### PROBLEM STATEMENT
Go over the data and work out how many lines include the word "same". Give that number only.

Segment Open

-- ===== src/Checkout/Pricing/Preview.antt =====
-- src/modules/checkout/services/pricing.service.ts: the price that a customer is shown
-- (`previewPricing`) against the price of the order (`calculatePricing`).
use tri_ad_backend.Base.{
  ℕ, ◌≡◌, ◌↔◌, refl, Bool, true, false, ◌||◌, Option, none, some, List, [], ◌∷◌, arith, ◌==◌, inl,
  inr, Option-cases,
}
use tri_ad_backend.Base.Int.{pos}
use tri_ad_backend.Shared.Money.{Money, vnd, create}
use tri_ad_backend.Shared.Text.{Text}
use tri_ad_backend.Shared.Errors.{ok, Result-cases}
use tri_ad_backend.Orders.Order.{Pricing}
use tri_ad_backend.Checkout.Db.{Db, Tx, DiscountRow, pure, ◌>>=◌}
use tri_ad_backend.Checkout.Pricing.{
  Doubles, find_by_code, find_discount_by_code, use_discount, increment_discount_usage,
  multiply_double, price_discount, price_code, price, has_uses, can_use, result, fee_of,
  calculate_pricing, preview_pricing,
}

module _ {D : Type 0} where
  -- `id` is a primary key: no later row has the id of an earlier one.
  abbrev pub has_id : ℕ → List (DiscountRow D) → Bool
  has_id i [] = false
  has_id i (r ∷ rs) = r.id == i || has_id i rs

  abbrev pub IsKeyed : List (DiscountRow D) → Type 0
  IsKeyed [] = Unit
  IsKeyed (r ∷ rs) = (has_id r.id rs ≡ false) × IsKeyed rs

  absent-can_use :
      (i : ℕ) (m : Option ℕ) (rs : List (DiscountRow D))
      → has_id i rs ≡ false
      → can_use i m rs ≡ false
  unfolding can_use
  absent-can_use i m [] h = refl
  absent-can_use i m (r ∷ rs) h = ground (arith, absent-can_use i m rs)

  find_by_code-has_id :
      (c : Text) (rs : List (DiscountRow D)) (r : DiscountRow D)
      → find_by_code c rs ≡ some r
      → has_id r.id rs ≡ true
  unfolding find_by_code
  find_by_code-has_id c [] r h = cc
  find_by_code-has_id c (x ∷ rs) r h = ground (arith, find_by_code-has_id c rs r)

  -- The guard of the update is the test of the preview, on the row that the code finds.
  can_use-has_uses :
      (c : Text) (rs : List (DiscountRow D)) (r : DiscountRow D)
      → IsKeyed rs
      → find_by_code c rs ≡ some r
      → can_use r.id r.max_uses rs ≡ has_uses r.max_uses r.used_count
  unfolding find_by_code can_use
  can_use-has_uses c [] r k h = cc
  can_use-has_uses c (x ∷ rs) r k h = ground (
    arith,
    can_use-has_uses c rs r k.1,
    absent-can_use x.id x.max_uses rs k.0,
    find_by_code-has_id c rs r,
  )

-- If `n` returns whatever `m` returns, it does so under a function too.
map_agrees :
    {D A B : Type 0} (m n : Tx D A) (f : A → B) (db : Db D)
    → ((a : A) → (m db).0 ≡ ok a → (n db).0 ≡ ok a)
    → (b : B) → ((m >>= λ a. pure (f a)) db).0 ≡ ok b
    → ((n >>= λ a. pure (f a)) db).0 ≡ ok b
map_agrees m n f db h b e = elim (Result-cases (m db).0) [
  | inl (a, r) ↦ let s = h a r in ground arith
  | inr (x, r) ↦ absurd (ground arith)
]

module _ (d : Doubles) where
  open d use {Double}

  price_discount_unchanged :
      (now : ℕ) (subtotal : Money) (code : Text) (db : Db Double)
      → (price_discount d now subtotal code false db).1 ≡ db
  unfolding price_discount find_discount_by_code use_discount
  price_discount_unchanged now subtotal code db = ground arith

  price_discount_agrees :
      (now : ℕ) (subtotal : Money) (code : Text) (db : Db Double)
      → IsKeyed db.discounts
      → (m : Money)
      → ((price_discount d now subtotal code false db).0 ≡ ok m)
        ↔ ((price_discount d now subtotal code true db).0 ≡ ok m)
  unfolding price_discount find_discount_by_code use_discount increment_discount_usage
  price_discount_agrees now subtotal code db k m =
      elim (Option-cases (find_by_code code db.discounts)) [
        | inl e ↦ (λ h. ground arith, λ h. ground arith)
        | inr (r, e) ↦
            let same = can_use-has_uses code db.discounts r k e in
            (λ h. ground arith, λ h. ground arith)
      ]

  price_code_unchanged :
      (enabled : Bool) (now : ℕ) (subtotal tax fee : Money) (code : Option Text) (db : Db Double)
      → (price_code d now subtotal tax fee code enabled false db).1 ≡ db
  unfolding price_code
  price_code_unchanged true now subtotal tax fee (some (c ∷ code)) db =
      ground (arith, price_discount_unchanged now subtotal (c ∷ code) db)
  price_code_unchanged false now subtotal tax fee (some (c ∷ code)) db = refl
  price_code_unchanged enabled now subtotal tax fee (some []) db = refl
  price_code_unchanged enabled now subtotal tax fee none db = refl

  price_code_agrees :
      (enabled : Bool) (now : ℕ) (subtotal tax fee : Money) (code : Option Text) (db : Db Double)
      (p : Pricing)
      → IsKeyed db.discounts
      → ((price_code d now subtotal tax fee code enabled false db).0 ≡ ok p)
        ↔ ((price_code d now subtotal tax fee code enabled true db).0 ≡ ok p)
  unfolding price_code
  price_code_agrees true now subtotal tax fee (some (c ∷ code)) db p k =
      let shown = price_discount d now subtotal (c ∷ code) false in
      let taken = price_discount d now subtotal (c ∷ code) true in
      let agrees = price_discount_agrees now subtotal (c ∷ code) db k in
      let f = λ (m : Money). result tax fee m (some (c ∷ code)) in
      (
        map_agrees shown taken f db (λ m. (agrees m).0) p,
        map_agrees taken shown f db (λ m. (agrees m).1) p,
      )
  price_code_agrees false now subtotal tax fee (some (c ∷ code)) db p k = (λ h. h, λ h. h)
  price_code_agrees enabled now subtotal tax fee (some []) db p k = (λ h. h, λ h. h)
  price_code_agrees enabled now subtotal tax fee none db p k = (λ h. h, λ h. h)

  -- A preview writes nothing.
  pub preview_unchanged :
      (enabled : Bool) (now : ℕ) (subtotal : Money) (code : Option Text) (db : Db Double)
      → (preview_pricing d enabled now subtotal code db).1 ≡ db
  unfolding preview_pricing price
  preview_unchanged enabled now subtotal code db =
      elim (Result-cases (multiply_double d subtotal d.tax_rate)) [
        | inr (x, e) ↦ rw (e, price)
        | inl (tax, e) ↦ elim (Result-cases (create (pos (fee_of subtotal)) vnd)) [
          | inr (x, c) ↦ rw (e, price) (rw (c, price))
          | inl (fee, c) ↦
              rw (e, price)
                (rw (c, price) (price_code_unchanged enabled now subtotal tax fee code db))
        ]
      ]

  -- At the same tables the preview gives a price exactly when the calculation does, and the same.
  pub preview_agrees :
      (enabled : Bool) (now : ℕ) (subtotal : Money) (code : Option Text) (db : Db Double)
      (p : Pricing)
      → IsKeyed db.discounts
      → ((preview_pricing d enabled now subtotal code db).0 ≡ ok p)
        ↔ ((calculate_pricing d enabled now subtotal code db).0 ≡ ok p)
  unfolding preview_pricing calculate_pricing price
  preview_agrees enabled now subtotal code db p k =
      elim (Result-cases (multiply_double d subtotal d.tax_rate)) [
        | inr (x, e) ↦ rw (e, price) (λ h. h, λ h. h)
        | inl (tax, e) ↦ elim (Result-cases (create (pos (fee_of subtotal)) vnd)) [
          | inr (x, c) ↦ rw (e, price) (rw (c, price) (λ h. h, λ h. h))
          | inl (fee, c) ↦
              rw (e, price)
                (rw (c, price) (price_code_agrees enabled now subtotal tax fee code db p k))
        ]
      ]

Segment Closed

### YOUR SOLUTION
2